I guess that this passage is strictly true as written, but it is likely to leave most readers with the idea that "a functional-M.R.I. scanner" is a special kind of device, different from the device that produces "a traditional M.R.I." But in fact it's exactly the same piece of apparatus, just used in a different way. Here readers are invited to extend the fallacy one step further: the one-to-one relationship assumed for concepts and terms seems to apply to devices as well. An "fMRI scanner" performs a different function from an "MRI scanner", so it must be a different device. But it isn't. (Some technical tutorials on how MRI and fMRI work can be found here and here).

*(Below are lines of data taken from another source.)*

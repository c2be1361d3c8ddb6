-- ===== src/Git/Commands/Collect.antt =====
-- The `while` loop of `rebase` ends, and collects a walk along first parents.
use mathlib.Core.List.{reverse_aux}
use mathlib.Core.Path.{subst}
use dev_box.Prelude.{
  In, length, ◌≤◌, ap, some_inj, ℕ, zero, suc, ◌<◌, ◌≡◌, refl, sym, ◌∙◌, inl, inr, List, [], ◌∷◌,
  some, true, false, ◌||◌, arith, All, Bool-cases, List-cases,
}
use dev_box.Text.{Text, text_eq, truthy}
use dev_box.Text.Equality.{text_eq-cases}
use dev_box.Dict.{lookup}
use dev_box.Git.Model.{Commit, commit_id}
use dev_box.Git.Ancestry.{is_ancestor}
use dev_box.Git.Ancestry.Laws.{Ancestor, here, via, is_ancestor_iff}
use dev_box.Git.Ancestry.Order.{Ancestor-trans}
use dev_box.Git.Commands.{collect}
use dev_box.Git.Valid.{Commits, Exists, Older, IsGraph, commit_id-truthy, commit_id_injective}

-- The commits from the index down along first parents, as far as the first one that the target
-- already holds (itself or an ancestor of it), or down to a root.
pub data Walk (commits : Commits) (target : Text) : Text → List Commit → Type 0 where
  held : {id : Text} → Ancestor commits id target → Walk commits target id []
  root :
      {id : Text} (c : Commit)
      → ¬ Ancestor commits id target
      → lookup id commits ≡ some c
      → c.parents ≡ []
      → Walk commits target id (c ∷ [])
  step :
      {id : Text} (c : Commit) (p : Text) (ps : List Text) (rest : List Commit)
      → ¬ Ancestor commits id target
      → lookup id commits ≡ some c
      → c.parents ≡ p ∷ ps
      → Walk commits target p rest
      → Walk commits target id (c ∷ rest)

collect_held :
    (fuel : ℕ) (commits : Commits) (target id : Text) (acc : List Commit)
    → (text_eq id target || is_ancestor commits id target) ≡ true
    → collect (suc fuel) commits target id acc ≡ some acc
unfolding collect
collect_held fuel commits target id acc h = ground arith

module _ (fuel : ℕ) (commits : Commits) (target id : Text) (acc : List Commit) (c : Commit)
    (t : truthy id ≡ true) (differs : text_eq id target ≡ false)
    (far : is_ancestor commits id target ≡ false) (found : lookup id commits ≡ some c) where
  collect_root : c.parents ≡ [] → collect (suc fuel) commits target id acc ≡ some (c ∷ acc)
  unfolding collect
  collect_root e = ground arith

  collect_step :
      (p : Text) (ps : List Text)
      → c.parents ≡ p ∷ ps
      → collect (suc fuel) commits target id acc ≡ collect fuel commits target p (c ∷ acc)
  unfolding collect
  collect_step p ps e = ground arith

pub collect-Walk :
    (commits : Commits) (next : ℕ)
    → IsGraph commits next
    → (target : Text) (fuel k : ℕ) (id : Text) (acc : List Commit) → id ≡ commit_id k
    → k < fuel
    → Exists commits id
    → (walk : List Commit) × Walk commits target id walk
      × (collect fuel commits target id acc ≡ some (reverse_aux walk acc))
collect-Walk commits next g target zero k id acc named lt x = absurd (omega arith)
collect-Walk commits next g target (suc fuel) k id acc named lt (c, found) =
    elim (text_eq-cases id target) [
      | inl (same, e) ↦ ([], held (here e), collect_held fuel commits target id acc (rw same refl))
      | inr (differs, _) ↦ elim (Bool-cases (is_ancestor commits id target)) [
        | inl near ↦ (
          [],
          held ((is_ancestor_iff commits id target).0 near),
          collect_held fuel commits target id acc (rw (differs, near) refl),
        )
        | inr far ↦
            let apart : ¬ Ancestor commits id target =
              λ r. cc (far, (is_ancestor_iff commits id target).1 r) in
            let t : truthy id ≡ true = rw named (commit_id-truthy k) in
            let placed = g id c found in
            let same = commit_id_injective k placed.number (sym named ∙ placed.named) in
            elim (List-cases c.parents) [
              | inl none' ↦ (
                c ∷ [],
                root c apart found none',
                collect_root fuel commits target id acc c t differs far found none',
              )
              | inr (p, ps, e) ↦
                  let first : Older commits placed.number p =
                    (subst (All (Older commits placed.number)) e placed.parents).0 in
                  let (rest, w, run) =
                    collect-Walk commits next g target fuel first.0 p (c ∷ acc) first.1
                      (omega arith) first.3 in
                  (
                    c ∷ rest,
                    step c p ps rest apart found e w,
                    collect_step fuel commits target id acc c t differs far found p ps e ∙ run,
                  )
            ]
      ]
    ]

-- At most one parent.
abbrev pub Single : Commit → Type 0
Single c = length c.parents ≤ 1

only_parent :
    (parents : List Text) (p q : Text) (ps : List Text)
    → parents ≡ p ∷ ps
    → length parents ≤ 1
    → In q parents
    → q ≡ p
only_parent [] p q ps e le m = absurd m
only_parent (r ∷ []) p q ps e le (inl same) = cc
only_parent (r ∷ []) p q ps e le (inr m) = absurd m
only_parent (r ∷ r' ∷ rs) p q ps e le m = absurd (omega (arith, le))

-- A commit of the table, among some commits.
abbrev pub Among : Commits → Text → List Commit → Type 0
Among commits a walk = (c : Commit) × (lookup a commits ≡ some c) × In c walk

Among-cons :
    (commits : Commits) (a : Text) (c : Commit) (walk : List Commit)
    → Among commits a walk
    → Among commits a (c ∷ walk)
Among-cons commits a c walk (d, e, m) = (d, e, inr m)

-- Where each commit of a walk has one parent at most, all that the index reaches and the target does
-- not is on the walk.
pub Walk-complete :
    (commits : Commits) (target id a : Text) (walk : List Commit)
    → Walk commits target id walk
    → All Single walk
    → Ancestor commits a id
    → ¬ Ancestor commits a target
    → Among commits a walk
Walk-complete commits target id a walk (held near) single (here e) far =
    absurd (far (subst (λ k. Ancestor commits k target) (sym e) near))
Walk-complete commits target id a walk (held near) single (via p c found m up) far =
    absurd (far (Ancestor-trans commits (via p c found m up) near))
Walk-complete commits target id a walk (root c _ found _) single (here e) far =
    (c, ap (λ k. lookup k commits) e ∙ found, inl refl)
Walk-complete commits target id a walk (root c _ found none') single (via p d found' m up) far =
    let same : d ≡ c = some_inj d c (sym found' ∙ found) in absurd (rw (same, none') at m)
Walk-complete commits target id a walk (step c _ _ _ _ found _ _) single (here e) far =
    (c, ap (λ k. lookup k commits) e ∙ found, inl refl)
Walk-complete commits target id a walk (step c p ps rest _ found e w) (one, ones)
      (via q d found' m up) far =
    let same : d ≡ c = some_inj d c (sym found' ∙ found) in
    let m' : In q c.parents = subst (λ k. In q k.parents) same m in
    let first : q ≡ p = only_parent c.parents p q ps e one m' in
    Among-cons commits a c rest
      (Walk-complete commits target p a rest w ones (subst (Ancestor commits a) first up) far)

Thus linguists and logicians shouldn't feel picked on. It's true that science writers (or their editors, it's always hard to tell) are often careless with linguistic concepts, but unfortunately they're often no more careful in dealing with issues in physics, chemistry, biology and psychology.
Henig's article deals with a timely and important topic, and surveys a range of interesting research (including Paul Ekman's work on facial expressions). It's written in a clear and engaging style, and has interesting things to say about the role of lies in everyday life, and the unintended consequences that might follow from a genuinely effective technology of lie detection. And it emphasizes the important point that there isn't a single, simple phenomenon of "deception" that might have a single, easily-identifiable physiological correlate. But it's too bad that the article isn't more careful to avoid pushing the same idea back a stage, to the view that there might be a fixed number of well-defined types of deception, each with its own physiological signature.
A good review of some of the issues involved in hi-tech lie detection can be found in Paul Root Wolpe, Kenneth R. Foster and Daniel D. Langleben, "Emerging Neurotechnologies for Lie-Detection: Promises and Perils", American Journal of Bioethics, Volume 5, Number 2 / March-April 2005.